### Task input
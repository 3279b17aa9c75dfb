-- ===== src/JobService/Rows.antt =====
-- The rows that `submit` and `status` write, and the unique indexes that an insert is checked against.
use partha.Prelude.{
  ℕ, Bool, true, false, ◌&&◌, ◌||◌, not, Option, none, some, List, [], ◌∷◌, ◌++◌, ◌==◌, is_none,
  coalesce, holds_value, if◌then◌else◌,
}
use partha.Table.{update_row}
use partha.Jobs.{completed, Stage, done, AnalysisJob, is_completed}
use partha.Database.{RepositoryStatus, RepositoryRecord, repository_key, RiSnapshot, Database}
use partha.Session.{integrity_error, Exec, ok, raised}
use partha.JobService.{is_effective}

-- The two unique indexes of `analysis_jobs`, for a row that is to be inserted: no other row has its
-- snapshot, and no other effective row its identity.
abbrev pub same_snapshot : AnalysisJob → AnalysisJob → Bool
same_snapshot a b = elim b.snapshot_id [ none ↦ false | some s ↦ holds_value a.snapshot_id s ]

abbrev pub same_identity : AnalysisJob → AnalysisJob → Bool
same_identity a b =
    is_effective a.status
    && is_effective b.status
    && a.repository_id == b.repository_id
    && a.revision_value == b.revision_value
    && a.config_hash == b.config_hash

abbrev pub collides : AnalysisJob → List AnalysisJob → Bool
collides j [] = false
collides j (x ∷ t) = (same_snapshot x j || same_identity x j) || collides j t

-- A row is added, with the changes to other tables that stand in the same transaction; at the
-- commit the indexes are checked against what others have committed meanwhile.
unfoldable pub insert_job :
    (Database → Database) → AnalysisJob → (Database → Database) → Exec (Unit {0})
insert_job others job also s =
    let theirs = others s.committed in
    let mine = also (record theirs { jobs = theirs.jobs ++ job ∷ [] }) in
    if collides job theirs.jobs
    then (raised integrity_error, record s { committed = theirs; work = mine })
    else (ok tt, record s { committed = mine; work = mine })

abbrev pub prepared_record : RepositoryRecord → RepositoryRecord
prepared_record r = record r {
  status = RepositoryStatus.analysing;
  analysis_stage = none;
  analysis_progress = 0;
  error_message = none;
  analysed_at = none;
}

abbrev pub completed_record : ℕ → RepositoryRecord → RepositoryRecord
completed_record completed_at r = record r {
  status = RepositoryStatus.completed;
  analysis_stage = some done;
  analysis_progress = 100;
  error_message = none;
  analysed_at = some completed_at;
}

abbrev pub set_record : ℕ → (RepositoryRecord → RepositoryRecord) → Database → Database
set_record id f db = record db {
  repositories = (update_row repository_key id (λ _. true) f db.repositories).0;
}

-- `job.started_at or snapshot.created_at`
abbrev pub reconciled_job : RiSnapshot → ℕ → ℕ → AnalysisJob → AnalysisJob
reconciled_job s completed_at now j = record j {
  status = completed;
  stage = some done;
  progress = 100;
  snapshot_id = some s.snapshot_id;
  cancel_requested = false;
  worker_id = none;
  lease_expires_at = none;
  next_attempt_at = none;
  error_code = none;
  error_message = none;
  started_at = some (coalesce j.started_at s.created_at);
  completed_at = some completed_at;
  updated_at = now;
}

abbrev pub is_done : Option Stage → Bool
is_done (some done) = true
is_done _ = false

abbrev pub is_completed_status : RepositoryStatus → Bool
is_completed_status RepositoryStatus.completed = true
is_completed_status _ = false

-- Nothing is left to reconcile.
abbrev pub is_reconciled : RepositoryRecord → AnalysisJob → RiSnapshot → Bool
is_reconciled r j s =
    is_completed j.status
    && is_done j.stage
    && j.progress == 100
    && holds_value j.snapshot_id s.snapshot_id
    && not j.cancel_requested
    && is_none j.worker_id
    && is_none j.lease_expires_at
    && is_none j.next_attempt_at
    && is_none j.error_code
    && is_none j.error_message
    && not (is_none j.completed_at)
    && is_completed_status r.status
    && is_done r.analysis_stage
    && r.analysis_progress == 100
    && is_none r.error_message
    && not (is_none r.analysed_at)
######
▶ **Exercise description**
Up to and including the line with "-- A row is", repeat the entries exactly, beginning at their first line.

▶ **Solution**
repository 3279b17aa9c75dfb
-- ===== src/JobService/Rows.antt =====
-- The rows that `submit` and `status` write, and the unique indexes that an insert is checked against.
use partha.Prelude.{
  ℕ, Bool, true, false, ◌&&◌, ◌||◌, not, Option, none, some, List, [], ◌∷◌, ◌++◌, ◌==◌, is_none,
  coalesce, holds_value, if◌then◌else◌,
}
use partha.Table.{update_row}
use partha.Jobs.{completed, Stage, done, AnalysisJob, is_completed}
use partha.Database.{RepositoryStatus, RepositoryRecord, repository_key, RiSnapshot, Database}
use partha.Session.{integrity_error, Exec, ok, raised}
use partha.JobService.{is_effective}

-- The two unique indexes of `analysis_jobs`, for a row that is to be inserted: no other row has its
-- snapshot, and no other effective row its identity.
abbrev pub same_snapshot : AnalysisJob → AnalysisJob → Bool
same_snapshot a b = elim b.snapshot_id [ none ↦ false | some s ↦ holds_value a.snapshot_id s ]

abbrev pub same_identity : AnalysisJob → AnalysisJob → Bool
same_identity a b =
    is_effective a.status
    && is_effective b.status
    && a.repository_id == b.repository_id
    && a.revision_value == b.revision_value
    && a.config_hash == b.config_hash

abbrev pub collides : AnalysisJob → List AnalysisJob → Bool
collides j [] = false
collides j (x ∷ t) = (same_snapshot x j || same_identity x j) || collides j t

-- A row is added, with the changes to other tables that stand in the same transaction; at the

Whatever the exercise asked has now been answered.